"E. Shaun Russell" wrote:
> Greg Burch wrote:
> >US Federal judges have been dealing with lots of mandatory sentences for a
> >long time. All the ones I've talked to or read comments by HATE them. They
> >say that mandatory sentences result in palpable injustice too often and
> >causes absurd charging and plea bargaining when even the prosecutors can't
> >stand to see them applied.
> What a horrible notion. Each case obviously has a multitude of specifics,
> and is almost always different in some way from each case before it. Judge
> rulings reflect that. By imposing mandatory sentences, the right to fair
> trial as well as freedom of speech are demolished in one fell swoop. The
> law is an often infuriating, often beautiful piece of complex work...but
> for good reason. Keeping it this way for now, is much better than the
> BTW, which kind of laws are these mandatory sentences referring to?
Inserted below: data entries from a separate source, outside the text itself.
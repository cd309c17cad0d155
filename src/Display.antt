-- ===== src/Display.antt =====
-- The texts of the errors: the format strings of the messages of src/*.rs, as the user and the unit
-- tests see them.
use boxed.Prelude.{ℕ, List, ◌++◌, Option, none, some, map}
use boxed.Text.{Text, codes}
use boxed.Text.Decimal.{to_string}
use boxed.Text.Split.{join}
use boxed.Types.{
  Capability, CapSet, bounding, effective, permitted, inheritable, Signal, sigint, sigterm, sighup,
}
use boxed.Error.{
  Message, Error, message, context, failed_to_read_profile, failed_to_parse_profile,
  profile_validation_failed, profile_not_x86_64, unknown_default_action, rule_without_names,
  rule_with_args, unknown_action, unknown_syscall, failed_to_install_filter,
  failed_to_make_root_private, failed_to_mount_onto_itself, failed_to_mount_proc,
  failed_to_change_directory, failed_to_pivot_root, failed_to_detach_old_root,
  failed_to_change_to_new_root, uid_is_sentinel, gid_is_sentinel, failed_to_open_setgroups,
  failed_to_disable_setgroups, failed_to_open_uid_map, failed_to_write_uid_mapping,
  failed_to_open_gid_map, failed_to_write_gid_mapping, io_max_without_colon, io_max_empty_device,
  io_max_without_limits, io_max_without_equals, io_max_unknown_key, io_max_bad_value,
  failed_to_stat, not_a_block_device, controller_not_available, failed_to_write_controller,
  failed_to_read_controllers, cpuset_rejected, cpuset_rejected_unreadable,
  failed_to_create_cgroup_root, failed_to_enable_controllers, failed_to_create_cgroup,
  failed_to_add_process, failed_to_remove_cgroup, failed_to_drop, failed_to_install_handler,
  failed_to_block_signals, failed_to_unblock_signals, waitpid_failed, no_children_left,
  failed_to_setup_overlay, failed_to_setup_rootfs_on_overlay, failed_to_setup_rootfs,
  received_closed_pipe, failed_to_read_sync_signal, failed_to_set_hostname,
  failed_to_drop_capabilities, failed_to_set_no_new_privs, failed_to_apply_filter,
  command_has_null_byte, failed_to_fork, clone_failed, failed_to_setup_forwarding,
  failed_to_signal_child, failed_to_create_pipe, unreachable_image_and_rootfs, home_is_not_set,
  no_layers_found, failed_to_make_removable,
}
use boxed.Cgroups.IoMax.{io_max_keys}
use boxed.Cgroups.Create.{cgroup_root}

-- `{:?}` of a string or a path, with its quotes and escapes, and of what `Types` leaves unnamed.
pub record Debug : Type 0 where
  pub text : Text → Text
  pub capability : Capability → Text
  pub signal : ℕ → Text

-- `{:?}` of a list of strings.
abbrev pub debug_list : Debug → List Text → Text
debug_list d ts = codes "[" ++ (join (codes ", ") (map d.text ts) ++ codes "]")

-- The name of the set in the message of src/capabilities.rs.
abbrev set_name : CapSet → Text
set_name bounding = codes "bounding"
set_name effective = codes "effective"
set_name permitted = codes "permitted"
set_name inheritable = codes "inheritable"

abbrev debug_signal : Debug → Signal → Text
debug_signal d sigint = codes "SIGINT"
debug_signal d sigterm = codes "SIGTERM"
debug_signal d sighup = codes "SIGHUP"
debug_signal d (Signal.other n) = d.signal n

-- src/seccomp.rs
unfoldable pub seccomp_text : Debug → Message → Option Text
seccomp_text d (failed_to_read_profile path) =
    some (codes "failed to read seccomp profile at " ++ path)
seccomp_text d (failed_to_parse_profile path) =
    some (codes "failed to parse seccomp profile at " ++ path)
seccomp_text d profile_validation_failed = some (codes "seccomp profile validation failed")
seccomp_text d profile_not_x86_64 =
    some (codes "profile does not target SCMP_ARCH_X86_64, the only architecture boxed supports")
seccomp_text d (unknown_default_action action) =
    some (codes "unknown or unsupported default action name: " ++ action)
seccomp_text d rule_without_names = some (codes "syscall rule must contain at least one name")
seccomp_text d (rule_with_args names) = some (
    codes "syscall rule for "
    ++ (debug_list d names ++ codes " uses arg-conditional matching, which isn't supported yet"))
seccomp_text d (unknown_action action) =
    some (codes "unknown or unsupported action name: " ++ action)
seccomp_text d (unknown_syscall name) = some (codes "unknown or unsupported syscall name: " ++ name)
seccomp_text d failed_to_install_filter = some (codes "failed to install seccomp filter")
seccomp_text d _ = none

-- src/rootfs.rs
unfoldable pub rootfs_text : Debug → Message → Option Text
rootfs_text d failed_to_make_root_private = some (codes "failed to make / private")
rootfs_text d (failed_to_mount_onto_itself path) =
    some (codes "failed to mount " ++ (path ++ codes " onto itself"))
rootfs_text d (failed_to_mount_proc path) = some (codes "failed to mount proc on " ++ path)
rootfs_text d (failed_to_change_directory path) =
    some (codes "failed to change directory to " ++ path)
rootfs_text d (failed_to_pivot_root path) = some (codes "failed to pivot_root into " ++ path)
rootfs_text d failed_to_detach_old_root = some (codes "failed to detach old root")
rootfs_text d failed_to_change_to_new_root = some (codes "failed to change directory to new root")
rootfs_text d _ = none

-- src/rootless.rs
unfoldable pub rootless_text : Debug → Message → Option Text
rootless_text d (uid_is_sentinel want) = some (
    codes "cannot map inside uid "
    ++ (to_string want
        ++ codes ": collides with the POSIX (uid_t)-1 sentinel for \"unchanged/invalid\""))
rootless_text d (gid_is_sentinel want) = some (
    codes "cannot map inside gid "
    ++ (to_string want
        ++ codes ": collides with the POSIX (gid_t)-1 sentinel for \"unchanged/invalid\""))
rootless_text d (failed_to_open_setgroups pid) =
    some (codes "failed to open setgroups file for pid " ++ to_string pid)
rootless_text d (failed_to_disable_setgroups pid) = some (
    codes "failed to disable setgroups for pid "
    ++ (to_string pid ++ codes " (required before gid_map can be written)"))
rootless_text d (failed_to_open_uid_map pid) =
    some (codes "failed to open uid_map for pid " ++ to_string pid)
rootless_text d (failed_to_write_uid_mapping mapping pid) =
    some
      (codes "failed to write uid mapping '" ++ (mapping ++ (codes "' for pid " ++ to_string pid)))
rootless_text d (failed_to_open_gid_map pid) =
    some (codes "failed to open gid_map for pid " ++ to_string pid)
rootless_text d (failed_to_write_gid_mapping mapping pid) =
    some
      (codes "failed to write gid mapping '" ++ (mapping ++ (codes "' for pid " ++ to_string pid)))
rootless_text d _ = none

-- src/cgroups.rs
unfoldable pub cgroups_text : Debug → Message → Option Text
cgroups_text d (io_max_without_colon spec) = some (
    codes "invalid --io-max "
    ++ (d.text spec ++ codes ": expected DEVICE:KEY=VALUE, e.g. /dev/sda:wbps=1048576"))
cgroups_text d (io_max_empty_device spec) =
    some (codes "invalid --io-max " ++ (d.text spec ++ codes ": device path is empty"))
cgroups_text d (io_max_without_limits spec) =
    some (codes "invalid --io-max " ++ (d.text spec ++ codes ": no limits given after ':'"))
cgroups_text d (io_max_without_equals pair) =
    some (codes "invalid --io-max entry " ++ (d.text pair ++ codes ": expected KEY=VALUE"))
cgroups_text d (io_max_unknown_key key) = some (
    codes "invalid --io-max key "
    ++ (d.text key ++ (codes ": expected one of " ++ join (codes ", ") io_max_keys)))
cgroups_text d (io_max_bad_value value key) =
    some (codes "invalid --io-max value " ++ (d.text value ++ (codes " for " ++ key)))
cgroups_text d (failed_to_stat path) = some (codes "failed to stat " ++ path)
cgroups_text d (not_a_block_device path) = some (path ++ codes " is not a block device")
cgroups_text d (controller_not_available flag name available) = some (
    flag
    ++ (codes " requested, but the `"
        ++ (name
            ++ (codes "` controller is not available to "
                ++ (cgroup_root ++ (codes " — it lists only: " ++ join (codes " ") available))))))
cgroups_text d (failed_to_write_controller filename) = some (codes "failed to write " ++ filename)
cgroups_text d (failed_to_read_controllers path) = some (codes "failed to read " ++ path)
cgroups_text d (cpuset_rejected cpuset_type value dir allowed) = some (
    codes "--cpuset-"
    ++ (cpuset_type
        ++ (codes " "
            ++ (d.text value
                ++ (codes " was rejected; " ++ (dir ++ (codes " allows " ++ allowed)))))))
cgroups_text d (cpuset_rejected_unreadable cpuset_type value file) = some (
    codes "--cpuset-"
    ++ (cpuset_type
        ++ (codes " "
            ++ (d.text value
                ++ (codes " was rejected, and " ++ (file ++ codes " could not be read"))))))
cgroups_text d failed_to_create_cgroup_root = some (codes "failed to create boxed cgroup dir")
cgroups_text d (failed_to_enable_controllers line path) =
    some (codes "failed to write " ++ (d.text line ++ (codes " to " ++ path)))
cgroups_text d (failed_to_create_cgroup path) =
    some (codes "failed to create cgroup dir at " ++ d.text path)
cgroups_text d failed_to_add_process = some (codes "failed to add process to cgroup")
cgroups_text d (failed_to_remove_cgroup path) =
    some (codes "failed to remove cgroup at " ++ d.text path)
cgroups_text d _ = none

-- src/capabilities.rs
unfoldable pub capabilities_text : Debug → Message → Option Text
capabilities_text d (failed_to_drop c set) = some (
    codes "failed to drop "
    ++ (d.capability c ++ (codes " from " ++ (set_name set ++ codes " set"))))
capabilities_text d _ = none

-- src/process.rs
unfoldable pub process_text : Debug → Message → Option Text
process_text d (failed_to_install_handler sig) =
    some (codes "failed to install handler for " ++ debug_signal d sig)
process_text d failed_to_block_signals = some (codes "failed to block forwarded signals")
process_text d failed_to_unblock_signals = some (codes "failed to unblock forwarded signals")
process_text d waitpid_failed = some (codes "waitpid failed")
process_text d (no_children_left pid) =
    some (codes "no children left while waiting for pid " ++ to_string pid)
process_text d _ = none

-- src/namespace.rs
unfoldable pub namespace_text : Debug → Message → Option Text
namespace_text d (failed_to_setup_overlay image) =
    some (codes "Failed to setup overlay on " ++ image)
namespace_text d (failed_to_setup_rootfs_on_overlay path) =
    some (codes "Failed to setup rootfs on overlay merged path " ++ path)
namespace_text d (failed_to_setup_rootfs rootfs) =
    some (codes "Failed to setup rootfs on " ++ rootfs)
namespace_text d received_closed_pipe =
    some (codes "received 0 byte from parent process, indicating closed pipe")
namespace_text d failed_to_read_sync_signal = some (codes "failed to read sync signal from parent")
namespace_text d failed_to_set_hostname = some (codes "failed to set hostname")
namespace_text d failed_to_drop_capabilities = some (codes "failed to drop capabilities")
namespace_text d failed_to_set_no_new_privs =
    some (codes "failed to set no_new_privs for child process")
namespace_text d failed_to_apply_filter = some (codes "failed to apply default seccomp filters")
namespace_text d command_has_null_byte = some (codes "command contains an embedded null byte")
namespace_text d failed_to_fork = some (codes "failed to fork container command")
namespace_text d clone_failed = some (codes "clone failed")
namespace_text d failed_to_setup_forwarding = some (codes "failed to setup up signal forwarding")
namespace_text d failed_to_signal_child = some (codes "failed to signal child to proceed")
namespace_text d failed_to_create_pipe = some (codes "failed to create parent-child sync pipe")
namespace_text d unreachable_image_and_rootfs = some (
    codes
      "internal error: entered unreachable code: clap guarantees --image and --rootfs are mutually exclusive")
namespace_text d _ = none

-- src/config.rs
unfoldable pub config_text : Debug → Message → Option Text
config_text d home_is_not_set = some (codes "HOME environment variable is not set")
config_text d _ = none

-- src/overlay.rs
unfoldable pub overlay_text : Debug → Message → Option Text
overlay_text d (no_layers_found path) = some (codes "no layers found under " ++ path)
overlay_text d (failed_to_make_removable path) =
    some (codes "failed to make " ++ (path ++ codes " removable"))
overlay_text d _ = none

abbrev or_else : Option Text → Option Text → Option Text
or_else none other = other
or_else (some t) other = some t

-- The text of a message, which stands in one of the files.
unfoldable pub message_text : Debug → Message → Option Text
unfolding seccomp_text rootfs_text rootless_text cgroups_text capabilities_text process_text
    namespace_text config_text overlay_text
message_text d m = or_else (seccomp_text d m) (
    or_else (rootfs_text d m) (
      or_else (rootless_text d m) (
        or_else (cgroups_text d m) (
          or_else (capabilities_text d m) (
            or_else (process_text d m)
              (or_else (namespace_text d m) (or_else (config_text d m) (overlay_text d m))))))))

-- `to_string` of an error: its outermost message, if that is one of the program's.
abbrev pub error_text : Debug → Error → Option Text
error_text d (message m) = message_text d m
error_text d (context m e) = message_text d m
error_text d _ = none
THis is always the crux. The minimum sentence for Captial Murder is
death, and the minimum sentence for non-capital murder is typically a
life sentence, with or without parole (a minimum of 20 years). Should
these be less? I don't think so, though there is little evidence in the
body of statistics to show a deterrent factor for execution. What seems
to be the objection are minimum sentences that are disproportionate to
the rest of the criminal code. This objection sure has merit. However
what are the alternatives to minimum sentences? The reason they were
instituted was due to offenses on both ends of the scale. Liberal judges
in innner city courts would typically impose very lenient sentences upon
criminals for heinous crimes, while in rural southern and western states
(and yes, even in places like Massachusetts and New York State) you
would get bigoted white judges giving harsh sentences to minorities.
Right now in NH we are dealing with the dissolution of our State Supreme
Court due to improper influence by recused judges and the appearance of
financial improprieties. One judge not implicated has indicated that the
Chief Justice had also 'gone shopping' for judges for at least one case,
the Claremont decision, that he knew agreed with him, indicating not
only a rigging of the verdict, but a pretrial judgement by the Chief
Justice. That the highest judges in the state could be this corrupt,
when they are supposed to be the most ethical, bodes ill for all the
other judges in the system.
Judges are only human, like anyone else, and are just as prone to
personal faults. Personal faults should not become the faults of the
system, which is why I think that balanced and fair minimum sentences
(as well as maximums) are necessary.